(Dataset entries)
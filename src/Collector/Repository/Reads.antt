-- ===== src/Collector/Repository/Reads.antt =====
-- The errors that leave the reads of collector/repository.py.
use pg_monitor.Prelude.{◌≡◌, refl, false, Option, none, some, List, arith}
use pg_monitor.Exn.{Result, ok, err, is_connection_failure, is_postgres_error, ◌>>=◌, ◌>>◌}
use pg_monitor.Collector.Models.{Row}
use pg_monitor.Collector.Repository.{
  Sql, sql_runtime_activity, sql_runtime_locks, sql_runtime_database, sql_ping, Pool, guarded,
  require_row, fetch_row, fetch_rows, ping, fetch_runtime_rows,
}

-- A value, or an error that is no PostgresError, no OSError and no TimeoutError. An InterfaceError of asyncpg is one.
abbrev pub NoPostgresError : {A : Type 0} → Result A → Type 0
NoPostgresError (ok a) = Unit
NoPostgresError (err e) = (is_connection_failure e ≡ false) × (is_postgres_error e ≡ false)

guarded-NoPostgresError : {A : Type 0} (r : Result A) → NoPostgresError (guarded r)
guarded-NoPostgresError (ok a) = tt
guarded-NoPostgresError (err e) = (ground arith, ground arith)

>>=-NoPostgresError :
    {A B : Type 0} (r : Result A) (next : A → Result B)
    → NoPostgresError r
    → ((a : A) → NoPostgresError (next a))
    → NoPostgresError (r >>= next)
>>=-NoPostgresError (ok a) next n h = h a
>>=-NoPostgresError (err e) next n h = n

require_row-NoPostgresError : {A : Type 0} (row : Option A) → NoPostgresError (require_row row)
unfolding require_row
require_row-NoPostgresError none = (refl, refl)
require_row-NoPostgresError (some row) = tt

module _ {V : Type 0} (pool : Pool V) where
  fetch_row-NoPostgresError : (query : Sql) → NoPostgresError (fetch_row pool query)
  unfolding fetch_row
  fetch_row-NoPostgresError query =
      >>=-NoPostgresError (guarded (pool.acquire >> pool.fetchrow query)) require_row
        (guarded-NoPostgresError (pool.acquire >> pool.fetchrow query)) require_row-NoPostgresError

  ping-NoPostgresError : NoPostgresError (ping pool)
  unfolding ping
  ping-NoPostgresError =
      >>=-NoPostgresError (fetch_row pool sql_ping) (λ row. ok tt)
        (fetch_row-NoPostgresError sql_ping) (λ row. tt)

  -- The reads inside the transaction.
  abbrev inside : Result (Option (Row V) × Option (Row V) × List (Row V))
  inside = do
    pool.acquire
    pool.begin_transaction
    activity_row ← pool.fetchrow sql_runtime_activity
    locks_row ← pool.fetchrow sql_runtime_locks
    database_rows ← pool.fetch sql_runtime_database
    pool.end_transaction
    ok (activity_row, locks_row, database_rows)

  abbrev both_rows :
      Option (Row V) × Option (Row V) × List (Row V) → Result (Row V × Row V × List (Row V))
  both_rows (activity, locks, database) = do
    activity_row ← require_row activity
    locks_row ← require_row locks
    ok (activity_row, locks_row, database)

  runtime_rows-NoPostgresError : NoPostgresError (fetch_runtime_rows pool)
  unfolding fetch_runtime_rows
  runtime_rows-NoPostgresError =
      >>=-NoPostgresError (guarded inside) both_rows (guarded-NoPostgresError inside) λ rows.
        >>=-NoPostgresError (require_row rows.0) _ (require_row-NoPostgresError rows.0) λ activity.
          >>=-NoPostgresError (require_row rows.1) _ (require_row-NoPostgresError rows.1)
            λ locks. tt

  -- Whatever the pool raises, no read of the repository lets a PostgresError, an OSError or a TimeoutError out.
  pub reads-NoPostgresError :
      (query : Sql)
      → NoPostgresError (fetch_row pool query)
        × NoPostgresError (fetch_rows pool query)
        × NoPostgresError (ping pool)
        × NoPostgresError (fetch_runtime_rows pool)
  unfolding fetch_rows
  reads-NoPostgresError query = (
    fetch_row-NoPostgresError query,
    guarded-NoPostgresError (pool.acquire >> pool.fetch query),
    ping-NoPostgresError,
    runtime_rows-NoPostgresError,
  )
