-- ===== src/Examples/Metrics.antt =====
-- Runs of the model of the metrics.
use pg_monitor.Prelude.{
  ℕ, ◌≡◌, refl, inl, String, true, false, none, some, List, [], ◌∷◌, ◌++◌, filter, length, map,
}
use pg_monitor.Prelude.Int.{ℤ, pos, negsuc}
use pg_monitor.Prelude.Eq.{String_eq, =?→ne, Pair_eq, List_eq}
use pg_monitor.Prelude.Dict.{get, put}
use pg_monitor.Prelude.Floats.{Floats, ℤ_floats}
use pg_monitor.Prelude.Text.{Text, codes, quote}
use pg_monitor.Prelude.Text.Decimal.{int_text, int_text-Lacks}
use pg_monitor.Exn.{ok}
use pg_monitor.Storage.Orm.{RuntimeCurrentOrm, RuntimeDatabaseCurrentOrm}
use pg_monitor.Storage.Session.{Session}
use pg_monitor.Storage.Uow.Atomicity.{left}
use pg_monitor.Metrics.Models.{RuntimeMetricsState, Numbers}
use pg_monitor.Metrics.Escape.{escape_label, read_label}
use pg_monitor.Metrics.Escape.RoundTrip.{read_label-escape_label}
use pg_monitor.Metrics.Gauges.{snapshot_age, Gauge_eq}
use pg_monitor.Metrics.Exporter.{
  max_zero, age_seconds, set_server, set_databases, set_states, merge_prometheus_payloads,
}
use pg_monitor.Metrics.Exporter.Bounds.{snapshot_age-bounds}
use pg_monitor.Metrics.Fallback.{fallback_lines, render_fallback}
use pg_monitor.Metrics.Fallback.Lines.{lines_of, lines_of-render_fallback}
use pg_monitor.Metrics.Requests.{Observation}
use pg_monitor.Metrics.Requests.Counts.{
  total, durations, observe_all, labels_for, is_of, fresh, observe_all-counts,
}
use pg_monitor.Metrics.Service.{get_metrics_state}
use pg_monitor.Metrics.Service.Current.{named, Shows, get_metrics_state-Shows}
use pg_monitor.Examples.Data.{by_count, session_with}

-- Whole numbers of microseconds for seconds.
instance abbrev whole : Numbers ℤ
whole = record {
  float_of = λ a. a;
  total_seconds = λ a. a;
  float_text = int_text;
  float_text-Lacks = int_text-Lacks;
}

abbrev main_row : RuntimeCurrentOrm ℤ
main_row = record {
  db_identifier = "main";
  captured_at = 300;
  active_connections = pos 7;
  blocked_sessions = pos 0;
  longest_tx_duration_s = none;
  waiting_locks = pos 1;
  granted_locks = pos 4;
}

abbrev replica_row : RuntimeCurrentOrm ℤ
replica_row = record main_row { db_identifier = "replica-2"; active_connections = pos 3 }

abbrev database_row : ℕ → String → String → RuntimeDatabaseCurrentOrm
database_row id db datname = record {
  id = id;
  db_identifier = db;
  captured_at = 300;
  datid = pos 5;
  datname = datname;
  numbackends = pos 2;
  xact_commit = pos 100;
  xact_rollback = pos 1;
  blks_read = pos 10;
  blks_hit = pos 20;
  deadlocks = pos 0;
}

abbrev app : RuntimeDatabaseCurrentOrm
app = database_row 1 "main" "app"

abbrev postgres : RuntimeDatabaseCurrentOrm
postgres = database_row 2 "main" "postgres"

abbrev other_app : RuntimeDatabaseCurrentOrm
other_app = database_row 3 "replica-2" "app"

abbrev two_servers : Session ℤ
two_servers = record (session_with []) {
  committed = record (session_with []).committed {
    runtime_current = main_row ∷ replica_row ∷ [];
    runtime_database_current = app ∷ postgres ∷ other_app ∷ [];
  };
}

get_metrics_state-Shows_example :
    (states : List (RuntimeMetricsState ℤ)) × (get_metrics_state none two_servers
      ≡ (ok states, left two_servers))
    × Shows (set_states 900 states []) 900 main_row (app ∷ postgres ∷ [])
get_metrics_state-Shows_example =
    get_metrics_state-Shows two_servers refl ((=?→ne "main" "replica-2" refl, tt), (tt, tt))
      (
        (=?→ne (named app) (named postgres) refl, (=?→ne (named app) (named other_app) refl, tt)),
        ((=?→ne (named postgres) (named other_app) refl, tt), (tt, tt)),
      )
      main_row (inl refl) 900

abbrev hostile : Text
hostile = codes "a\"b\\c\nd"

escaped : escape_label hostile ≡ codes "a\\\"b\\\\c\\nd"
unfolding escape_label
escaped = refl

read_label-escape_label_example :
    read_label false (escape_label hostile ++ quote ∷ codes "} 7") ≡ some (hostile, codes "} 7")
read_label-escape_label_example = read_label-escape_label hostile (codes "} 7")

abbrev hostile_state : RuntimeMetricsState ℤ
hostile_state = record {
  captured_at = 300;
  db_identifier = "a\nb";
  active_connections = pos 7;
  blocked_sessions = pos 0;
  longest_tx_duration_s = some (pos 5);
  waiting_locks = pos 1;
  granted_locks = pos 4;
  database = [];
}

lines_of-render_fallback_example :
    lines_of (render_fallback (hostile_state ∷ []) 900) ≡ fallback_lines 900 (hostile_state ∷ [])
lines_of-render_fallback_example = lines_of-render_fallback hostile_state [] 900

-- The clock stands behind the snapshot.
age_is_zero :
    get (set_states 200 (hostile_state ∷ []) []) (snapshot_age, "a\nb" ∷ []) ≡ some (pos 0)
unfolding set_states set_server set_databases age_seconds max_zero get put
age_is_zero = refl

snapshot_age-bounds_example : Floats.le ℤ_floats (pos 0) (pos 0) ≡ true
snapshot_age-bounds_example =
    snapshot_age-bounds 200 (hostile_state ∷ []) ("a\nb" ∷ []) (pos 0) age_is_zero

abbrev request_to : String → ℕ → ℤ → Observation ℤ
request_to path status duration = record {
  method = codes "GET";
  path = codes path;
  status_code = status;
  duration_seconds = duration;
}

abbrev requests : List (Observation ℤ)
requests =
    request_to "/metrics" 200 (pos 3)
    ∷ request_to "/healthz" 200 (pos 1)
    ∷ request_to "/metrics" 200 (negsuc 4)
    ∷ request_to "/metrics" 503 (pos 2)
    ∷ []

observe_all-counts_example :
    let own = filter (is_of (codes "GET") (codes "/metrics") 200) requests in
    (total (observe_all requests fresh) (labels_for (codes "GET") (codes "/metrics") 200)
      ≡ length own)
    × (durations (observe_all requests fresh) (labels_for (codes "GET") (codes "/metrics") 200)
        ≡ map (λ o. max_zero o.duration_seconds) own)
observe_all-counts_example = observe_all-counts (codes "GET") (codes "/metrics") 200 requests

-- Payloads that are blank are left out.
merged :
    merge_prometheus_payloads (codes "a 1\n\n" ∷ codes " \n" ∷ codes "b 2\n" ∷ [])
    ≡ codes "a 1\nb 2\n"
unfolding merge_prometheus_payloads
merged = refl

◆ **Task item**
Please give again the lines above between the line holding "-- Whole numbers of microseconds for seconds." and the line holding "abbrev replica_row : RuntimeCurrentOrm ℤ", inclusive, exactly as they are and with nothing added.

◆ **Written answer**
-- Whole numbers of microseconds for seconds.
instance abbrev whole : Numbers ℤ
whole = record {
  float_of = λ a. a;
  total_seconds = λ a. a;
  float_text = int_text;
  float_text-Lacks = int_text-Lacks;
}

abbrev main_row : RuntimeCurrentOrm ℤ
main_row = record {
  db_identifier = "main";
  captured_at = 300;
  active_connections = pos 7;
  blocked_sessions = pos 0;
  longest_tx_duration_s = none;
  waiting_locks = pos 1;
  granted_locks = pos 4;
}

abbrev replica_row : RuntimeCurrentOrm ℤ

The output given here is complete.